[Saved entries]
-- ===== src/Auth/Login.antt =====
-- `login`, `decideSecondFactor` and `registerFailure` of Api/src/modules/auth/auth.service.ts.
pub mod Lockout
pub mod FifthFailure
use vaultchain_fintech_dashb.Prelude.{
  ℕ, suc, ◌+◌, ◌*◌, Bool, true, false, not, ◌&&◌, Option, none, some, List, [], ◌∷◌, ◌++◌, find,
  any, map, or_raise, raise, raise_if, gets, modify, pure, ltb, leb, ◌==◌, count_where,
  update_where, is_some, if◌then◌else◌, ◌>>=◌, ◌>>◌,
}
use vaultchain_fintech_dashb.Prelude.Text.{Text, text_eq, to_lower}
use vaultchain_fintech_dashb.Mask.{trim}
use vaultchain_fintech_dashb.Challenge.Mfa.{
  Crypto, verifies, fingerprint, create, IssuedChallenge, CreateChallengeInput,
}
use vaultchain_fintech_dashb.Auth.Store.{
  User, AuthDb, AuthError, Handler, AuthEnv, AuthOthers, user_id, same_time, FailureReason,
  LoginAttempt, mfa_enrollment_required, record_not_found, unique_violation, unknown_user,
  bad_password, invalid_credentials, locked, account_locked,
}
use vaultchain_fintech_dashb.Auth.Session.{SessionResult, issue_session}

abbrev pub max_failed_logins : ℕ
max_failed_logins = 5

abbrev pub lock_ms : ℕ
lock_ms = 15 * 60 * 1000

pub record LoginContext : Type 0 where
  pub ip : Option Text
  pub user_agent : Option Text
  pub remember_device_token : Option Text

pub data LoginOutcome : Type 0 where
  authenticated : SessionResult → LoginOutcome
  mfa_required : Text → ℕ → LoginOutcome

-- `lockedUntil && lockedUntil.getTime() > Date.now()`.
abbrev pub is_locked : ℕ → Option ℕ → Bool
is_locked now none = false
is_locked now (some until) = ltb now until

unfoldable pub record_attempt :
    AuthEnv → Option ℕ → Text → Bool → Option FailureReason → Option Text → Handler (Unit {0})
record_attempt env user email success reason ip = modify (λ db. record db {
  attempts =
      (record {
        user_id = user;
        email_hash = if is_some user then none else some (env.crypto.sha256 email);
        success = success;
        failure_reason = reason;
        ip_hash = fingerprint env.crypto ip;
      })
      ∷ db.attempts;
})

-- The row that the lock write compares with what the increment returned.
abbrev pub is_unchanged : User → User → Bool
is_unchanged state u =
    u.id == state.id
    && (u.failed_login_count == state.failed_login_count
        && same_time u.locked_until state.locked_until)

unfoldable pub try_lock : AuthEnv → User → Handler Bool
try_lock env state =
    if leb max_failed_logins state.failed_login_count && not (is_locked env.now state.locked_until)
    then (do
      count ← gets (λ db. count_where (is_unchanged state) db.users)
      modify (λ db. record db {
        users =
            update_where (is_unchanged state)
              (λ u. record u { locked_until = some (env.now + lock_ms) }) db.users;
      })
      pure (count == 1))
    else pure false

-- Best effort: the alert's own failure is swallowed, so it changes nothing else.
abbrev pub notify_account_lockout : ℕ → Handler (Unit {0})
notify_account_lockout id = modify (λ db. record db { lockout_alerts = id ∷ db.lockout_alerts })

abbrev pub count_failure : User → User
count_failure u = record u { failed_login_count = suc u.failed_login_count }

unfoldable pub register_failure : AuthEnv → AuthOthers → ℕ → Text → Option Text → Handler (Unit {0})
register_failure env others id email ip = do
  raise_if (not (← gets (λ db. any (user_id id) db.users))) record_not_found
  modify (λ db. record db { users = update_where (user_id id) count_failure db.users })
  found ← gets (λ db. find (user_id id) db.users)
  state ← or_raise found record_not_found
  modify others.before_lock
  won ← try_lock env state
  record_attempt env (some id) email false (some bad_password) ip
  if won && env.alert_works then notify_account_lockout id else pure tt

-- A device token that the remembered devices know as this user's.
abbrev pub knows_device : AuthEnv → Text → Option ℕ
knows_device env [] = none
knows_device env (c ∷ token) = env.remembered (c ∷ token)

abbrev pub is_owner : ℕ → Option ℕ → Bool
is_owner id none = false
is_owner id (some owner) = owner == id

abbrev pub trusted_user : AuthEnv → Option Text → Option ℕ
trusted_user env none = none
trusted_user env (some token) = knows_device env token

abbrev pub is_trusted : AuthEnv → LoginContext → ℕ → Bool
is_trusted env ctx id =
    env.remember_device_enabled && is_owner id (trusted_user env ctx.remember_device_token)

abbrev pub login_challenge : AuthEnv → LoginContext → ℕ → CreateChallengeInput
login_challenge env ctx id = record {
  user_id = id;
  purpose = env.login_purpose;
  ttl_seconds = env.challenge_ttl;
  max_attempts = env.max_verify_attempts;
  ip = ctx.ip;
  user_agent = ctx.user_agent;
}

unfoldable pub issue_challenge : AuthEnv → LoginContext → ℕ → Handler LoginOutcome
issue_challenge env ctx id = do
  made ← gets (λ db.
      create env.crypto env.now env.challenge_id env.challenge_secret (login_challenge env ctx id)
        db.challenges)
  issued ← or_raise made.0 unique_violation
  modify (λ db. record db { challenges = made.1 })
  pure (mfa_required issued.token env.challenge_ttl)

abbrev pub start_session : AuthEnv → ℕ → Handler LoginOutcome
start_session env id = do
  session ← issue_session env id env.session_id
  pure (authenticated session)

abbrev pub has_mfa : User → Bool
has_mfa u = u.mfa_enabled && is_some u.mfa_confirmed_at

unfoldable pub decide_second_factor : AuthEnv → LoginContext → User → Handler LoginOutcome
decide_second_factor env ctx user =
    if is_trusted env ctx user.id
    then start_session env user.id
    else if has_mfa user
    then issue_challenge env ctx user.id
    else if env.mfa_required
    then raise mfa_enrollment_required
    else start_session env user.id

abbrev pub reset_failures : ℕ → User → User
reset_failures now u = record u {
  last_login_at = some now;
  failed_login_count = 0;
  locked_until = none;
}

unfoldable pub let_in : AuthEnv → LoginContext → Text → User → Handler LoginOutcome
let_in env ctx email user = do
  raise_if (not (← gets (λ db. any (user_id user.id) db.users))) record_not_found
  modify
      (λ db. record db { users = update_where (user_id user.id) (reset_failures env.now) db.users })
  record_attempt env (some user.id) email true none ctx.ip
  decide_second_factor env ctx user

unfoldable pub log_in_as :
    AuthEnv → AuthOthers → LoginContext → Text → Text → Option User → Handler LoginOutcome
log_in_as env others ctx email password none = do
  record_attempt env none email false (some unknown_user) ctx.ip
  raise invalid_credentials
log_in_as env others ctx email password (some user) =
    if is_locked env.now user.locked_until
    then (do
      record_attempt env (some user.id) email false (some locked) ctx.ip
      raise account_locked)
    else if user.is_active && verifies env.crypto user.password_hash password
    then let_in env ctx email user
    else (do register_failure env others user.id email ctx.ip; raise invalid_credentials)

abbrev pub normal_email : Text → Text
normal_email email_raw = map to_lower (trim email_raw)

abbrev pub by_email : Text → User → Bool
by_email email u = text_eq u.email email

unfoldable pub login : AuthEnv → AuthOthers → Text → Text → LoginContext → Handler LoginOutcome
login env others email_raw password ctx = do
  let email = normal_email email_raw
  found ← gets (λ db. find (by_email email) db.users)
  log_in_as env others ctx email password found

--

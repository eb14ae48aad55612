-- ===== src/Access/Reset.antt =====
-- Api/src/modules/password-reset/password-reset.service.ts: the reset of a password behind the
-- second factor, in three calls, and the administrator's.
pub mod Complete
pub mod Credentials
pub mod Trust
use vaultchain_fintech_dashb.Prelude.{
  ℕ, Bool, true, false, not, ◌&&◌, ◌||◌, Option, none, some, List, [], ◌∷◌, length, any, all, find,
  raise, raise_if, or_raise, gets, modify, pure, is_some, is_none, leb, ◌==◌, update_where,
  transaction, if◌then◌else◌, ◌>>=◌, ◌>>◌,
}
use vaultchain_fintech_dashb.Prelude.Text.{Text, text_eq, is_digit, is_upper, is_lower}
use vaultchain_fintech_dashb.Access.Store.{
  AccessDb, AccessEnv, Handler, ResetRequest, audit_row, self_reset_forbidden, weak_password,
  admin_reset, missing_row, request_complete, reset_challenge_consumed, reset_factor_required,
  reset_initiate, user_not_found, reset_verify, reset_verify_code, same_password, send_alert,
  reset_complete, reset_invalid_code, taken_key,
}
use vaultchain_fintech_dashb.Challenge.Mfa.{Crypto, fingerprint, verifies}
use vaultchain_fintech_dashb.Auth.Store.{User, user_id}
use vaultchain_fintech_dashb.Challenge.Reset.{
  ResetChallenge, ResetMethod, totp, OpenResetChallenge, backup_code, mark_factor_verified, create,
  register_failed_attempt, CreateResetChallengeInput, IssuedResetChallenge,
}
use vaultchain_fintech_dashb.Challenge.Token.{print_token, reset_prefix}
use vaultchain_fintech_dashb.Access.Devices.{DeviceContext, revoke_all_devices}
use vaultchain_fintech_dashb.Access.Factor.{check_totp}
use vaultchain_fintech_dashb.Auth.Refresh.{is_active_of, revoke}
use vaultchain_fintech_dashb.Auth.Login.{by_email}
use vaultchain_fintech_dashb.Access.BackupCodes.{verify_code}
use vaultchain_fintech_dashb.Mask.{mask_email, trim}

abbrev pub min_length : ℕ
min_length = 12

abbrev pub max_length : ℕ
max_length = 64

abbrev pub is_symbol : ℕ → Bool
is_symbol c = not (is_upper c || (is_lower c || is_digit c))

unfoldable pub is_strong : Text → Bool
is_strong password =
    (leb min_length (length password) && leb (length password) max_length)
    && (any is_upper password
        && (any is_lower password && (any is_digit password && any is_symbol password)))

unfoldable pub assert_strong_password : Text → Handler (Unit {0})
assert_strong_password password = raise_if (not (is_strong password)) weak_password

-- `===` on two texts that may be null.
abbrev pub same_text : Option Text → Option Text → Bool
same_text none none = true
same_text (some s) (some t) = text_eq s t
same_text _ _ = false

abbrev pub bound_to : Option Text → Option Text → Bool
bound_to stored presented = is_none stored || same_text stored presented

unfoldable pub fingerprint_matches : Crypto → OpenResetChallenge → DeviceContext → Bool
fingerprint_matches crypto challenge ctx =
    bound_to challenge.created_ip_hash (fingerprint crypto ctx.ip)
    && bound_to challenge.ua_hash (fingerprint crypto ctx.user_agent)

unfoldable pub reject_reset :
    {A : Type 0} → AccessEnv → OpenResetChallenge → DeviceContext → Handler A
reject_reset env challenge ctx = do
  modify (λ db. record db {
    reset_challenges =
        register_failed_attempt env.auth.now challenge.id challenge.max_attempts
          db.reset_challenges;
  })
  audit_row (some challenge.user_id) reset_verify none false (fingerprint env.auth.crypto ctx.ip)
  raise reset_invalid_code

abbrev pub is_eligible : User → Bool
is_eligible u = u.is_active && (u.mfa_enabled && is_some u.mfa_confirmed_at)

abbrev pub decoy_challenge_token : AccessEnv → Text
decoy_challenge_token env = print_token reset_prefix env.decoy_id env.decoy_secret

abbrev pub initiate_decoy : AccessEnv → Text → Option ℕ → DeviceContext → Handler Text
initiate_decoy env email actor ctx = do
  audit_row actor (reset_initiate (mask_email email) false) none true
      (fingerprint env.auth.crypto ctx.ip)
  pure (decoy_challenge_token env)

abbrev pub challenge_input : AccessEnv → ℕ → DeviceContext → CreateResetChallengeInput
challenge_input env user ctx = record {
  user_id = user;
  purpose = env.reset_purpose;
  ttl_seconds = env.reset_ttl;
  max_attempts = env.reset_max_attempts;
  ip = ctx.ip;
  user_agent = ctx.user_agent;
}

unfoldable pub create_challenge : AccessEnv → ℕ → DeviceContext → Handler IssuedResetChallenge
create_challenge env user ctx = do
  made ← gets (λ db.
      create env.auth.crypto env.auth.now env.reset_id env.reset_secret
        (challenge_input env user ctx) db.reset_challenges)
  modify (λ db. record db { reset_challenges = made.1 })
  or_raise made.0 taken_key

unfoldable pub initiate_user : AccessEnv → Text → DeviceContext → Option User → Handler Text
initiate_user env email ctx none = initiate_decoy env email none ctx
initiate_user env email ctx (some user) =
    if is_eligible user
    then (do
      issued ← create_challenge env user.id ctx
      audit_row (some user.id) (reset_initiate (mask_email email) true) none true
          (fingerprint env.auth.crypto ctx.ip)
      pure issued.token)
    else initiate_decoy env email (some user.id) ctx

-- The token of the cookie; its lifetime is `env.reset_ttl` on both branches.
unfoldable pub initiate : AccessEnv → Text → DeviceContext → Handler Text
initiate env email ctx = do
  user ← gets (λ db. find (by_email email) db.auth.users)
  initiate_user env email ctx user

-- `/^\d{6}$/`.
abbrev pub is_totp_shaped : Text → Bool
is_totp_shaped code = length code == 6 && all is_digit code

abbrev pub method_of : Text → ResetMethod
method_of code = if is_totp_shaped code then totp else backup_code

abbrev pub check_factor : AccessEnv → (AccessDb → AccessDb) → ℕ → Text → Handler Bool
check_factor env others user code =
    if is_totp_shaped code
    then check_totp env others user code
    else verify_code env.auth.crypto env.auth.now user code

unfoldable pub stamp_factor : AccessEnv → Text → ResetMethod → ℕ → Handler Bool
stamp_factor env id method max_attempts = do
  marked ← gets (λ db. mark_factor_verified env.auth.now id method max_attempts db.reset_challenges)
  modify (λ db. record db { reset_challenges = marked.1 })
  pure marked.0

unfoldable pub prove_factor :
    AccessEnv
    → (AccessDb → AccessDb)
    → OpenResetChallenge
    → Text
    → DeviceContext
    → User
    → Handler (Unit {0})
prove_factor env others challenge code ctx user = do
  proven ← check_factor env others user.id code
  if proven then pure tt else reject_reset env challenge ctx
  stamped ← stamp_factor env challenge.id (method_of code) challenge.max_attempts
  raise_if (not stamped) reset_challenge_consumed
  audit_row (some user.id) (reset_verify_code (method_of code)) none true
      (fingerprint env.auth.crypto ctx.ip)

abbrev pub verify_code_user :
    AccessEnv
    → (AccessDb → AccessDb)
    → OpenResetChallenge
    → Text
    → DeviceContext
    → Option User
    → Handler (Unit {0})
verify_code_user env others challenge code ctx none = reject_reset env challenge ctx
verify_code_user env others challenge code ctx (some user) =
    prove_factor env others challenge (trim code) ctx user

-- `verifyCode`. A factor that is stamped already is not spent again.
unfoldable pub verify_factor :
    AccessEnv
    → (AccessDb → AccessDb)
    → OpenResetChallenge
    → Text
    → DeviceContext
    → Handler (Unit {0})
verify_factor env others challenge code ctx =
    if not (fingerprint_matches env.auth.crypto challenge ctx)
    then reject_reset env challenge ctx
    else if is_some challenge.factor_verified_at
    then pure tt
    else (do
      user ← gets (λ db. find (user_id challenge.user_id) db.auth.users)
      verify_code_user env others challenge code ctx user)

---

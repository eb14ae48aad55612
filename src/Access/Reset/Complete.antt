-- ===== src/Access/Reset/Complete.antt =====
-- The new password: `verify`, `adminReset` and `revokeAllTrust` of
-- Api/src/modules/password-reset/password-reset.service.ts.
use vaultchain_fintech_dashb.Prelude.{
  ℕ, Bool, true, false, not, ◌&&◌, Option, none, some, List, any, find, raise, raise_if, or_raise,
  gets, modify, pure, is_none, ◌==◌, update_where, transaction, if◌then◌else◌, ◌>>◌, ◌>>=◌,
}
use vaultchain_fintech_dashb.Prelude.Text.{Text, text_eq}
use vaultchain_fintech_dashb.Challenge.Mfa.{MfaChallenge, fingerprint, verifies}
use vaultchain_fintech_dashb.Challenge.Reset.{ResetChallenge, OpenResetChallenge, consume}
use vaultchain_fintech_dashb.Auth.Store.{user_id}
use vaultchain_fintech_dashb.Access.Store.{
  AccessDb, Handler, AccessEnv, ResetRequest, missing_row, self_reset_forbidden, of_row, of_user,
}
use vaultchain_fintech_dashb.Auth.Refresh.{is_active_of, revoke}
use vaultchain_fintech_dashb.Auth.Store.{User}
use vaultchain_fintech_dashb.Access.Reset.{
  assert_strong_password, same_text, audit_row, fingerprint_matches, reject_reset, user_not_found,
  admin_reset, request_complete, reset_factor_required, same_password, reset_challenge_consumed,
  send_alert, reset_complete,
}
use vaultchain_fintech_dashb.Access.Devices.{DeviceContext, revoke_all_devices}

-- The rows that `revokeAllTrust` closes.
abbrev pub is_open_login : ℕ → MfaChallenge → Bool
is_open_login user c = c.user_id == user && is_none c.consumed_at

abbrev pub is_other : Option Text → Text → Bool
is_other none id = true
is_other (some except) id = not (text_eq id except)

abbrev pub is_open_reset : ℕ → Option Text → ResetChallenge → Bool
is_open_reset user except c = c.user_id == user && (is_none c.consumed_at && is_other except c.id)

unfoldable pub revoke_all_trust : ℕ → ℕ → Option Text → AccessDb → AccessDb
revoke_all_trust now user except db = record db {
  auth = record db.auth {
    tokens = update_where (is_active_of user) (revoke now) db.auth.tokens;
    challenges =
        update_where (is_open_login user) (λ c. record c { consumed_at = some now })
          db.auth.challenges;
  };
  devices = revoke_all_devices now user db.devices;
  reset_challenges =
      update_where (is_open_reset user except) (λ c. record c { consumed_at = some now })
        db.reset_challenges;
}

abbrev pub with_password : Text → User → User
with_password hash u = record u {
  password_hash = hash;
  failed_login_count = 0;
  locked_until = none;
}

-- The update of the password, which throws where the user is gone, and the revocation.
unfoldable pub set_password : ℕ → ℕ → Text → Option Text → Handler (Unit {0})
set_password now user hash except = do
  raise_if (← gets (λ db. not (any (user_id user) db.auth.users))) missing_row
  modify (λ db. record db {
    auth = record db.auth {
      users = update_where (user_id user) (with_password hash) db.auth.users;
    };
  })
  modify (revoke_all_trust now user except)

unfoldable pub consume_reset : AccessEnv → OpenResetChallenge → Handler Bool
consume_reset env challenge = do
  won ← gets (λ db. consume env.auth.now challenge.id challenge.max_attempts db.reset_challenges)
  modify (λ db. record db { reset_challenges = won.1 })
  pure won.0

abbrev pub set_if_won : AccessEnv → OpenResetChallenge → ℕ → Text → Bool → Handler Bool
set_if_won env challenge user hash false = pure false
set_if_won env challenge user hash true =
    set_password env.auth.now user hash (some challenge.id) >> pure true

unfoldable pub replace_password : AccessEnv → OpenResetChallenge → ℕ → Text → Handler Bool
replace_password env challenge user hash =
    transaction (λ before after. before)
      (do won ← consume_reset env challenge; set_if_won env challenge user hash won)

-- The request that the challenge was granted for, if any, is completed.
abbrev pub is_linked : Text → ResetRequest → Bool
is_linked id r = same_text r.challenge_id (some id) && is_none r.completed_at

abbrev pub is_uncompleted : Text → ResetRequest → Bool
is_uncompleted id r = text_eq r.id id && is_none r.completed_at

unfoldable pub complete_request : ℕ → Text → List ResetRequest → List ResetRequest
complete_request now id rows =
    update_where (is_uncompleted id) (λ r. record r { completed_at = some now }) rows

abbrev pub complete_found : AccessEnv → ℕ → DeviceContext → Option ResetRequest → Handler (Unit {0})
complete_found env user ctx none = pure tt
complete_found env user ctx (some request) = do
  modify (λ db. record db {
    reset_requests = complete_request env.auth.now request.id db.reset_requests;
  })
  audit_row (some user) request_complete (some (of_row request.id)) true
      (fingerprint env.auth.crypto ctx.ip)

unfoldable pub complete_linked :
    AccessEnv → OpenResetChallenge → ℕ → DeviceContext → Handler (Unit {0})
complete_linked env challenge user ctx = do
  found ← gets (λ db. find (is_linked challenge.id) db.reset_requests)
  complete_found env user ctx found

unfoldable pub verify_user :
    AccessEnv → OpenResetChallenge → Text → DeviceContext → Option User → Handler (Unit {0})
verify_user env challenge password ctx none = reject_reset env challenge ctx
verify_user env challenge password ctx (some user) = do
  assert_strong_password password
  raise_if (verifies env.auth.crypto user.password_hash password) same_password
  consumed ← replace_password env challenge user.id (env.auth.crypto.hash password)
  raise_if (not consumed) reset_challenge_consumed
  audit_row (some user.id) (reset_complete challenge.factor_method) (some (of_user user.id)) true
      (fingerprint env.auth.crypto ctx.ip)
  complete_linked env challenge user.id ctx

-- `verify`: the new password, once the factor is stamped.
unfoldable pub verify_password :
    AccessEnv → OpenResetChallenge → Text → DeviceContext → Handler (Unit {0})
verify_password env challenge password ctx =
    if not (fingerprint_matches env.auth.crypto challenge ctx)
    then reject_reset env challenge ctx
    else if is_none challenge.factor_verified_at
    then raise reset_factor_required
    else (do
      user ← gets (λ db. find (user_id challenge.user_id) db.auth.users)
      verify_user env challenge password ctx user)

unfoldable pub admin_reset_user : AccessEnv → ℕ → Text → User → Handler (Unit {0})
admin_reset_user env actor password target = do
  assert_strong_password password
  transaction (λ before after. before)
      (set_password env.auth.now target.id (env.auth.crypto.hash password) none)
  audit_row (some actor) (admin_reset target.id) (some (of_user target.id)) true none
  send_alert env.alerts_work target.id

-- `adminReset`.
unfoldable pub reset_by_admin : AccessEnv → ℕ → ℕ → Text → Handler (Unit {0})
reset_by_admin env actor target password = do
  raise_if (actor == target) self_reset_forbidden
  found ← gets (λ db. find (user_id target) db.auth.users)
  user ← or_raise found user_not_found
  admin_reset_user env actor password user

▶ **BRIEF**:
When the entries above show the word "Type" in a line, copy that line out.

▶ **COMPLETED EXERCISE**:
pub record LoginContext : Type 0 where
pub data LoginOutcome : Type 0 where
    {A : Type 0} → AccessEnv → OpenResetChallenge → DeviceContext → Handler A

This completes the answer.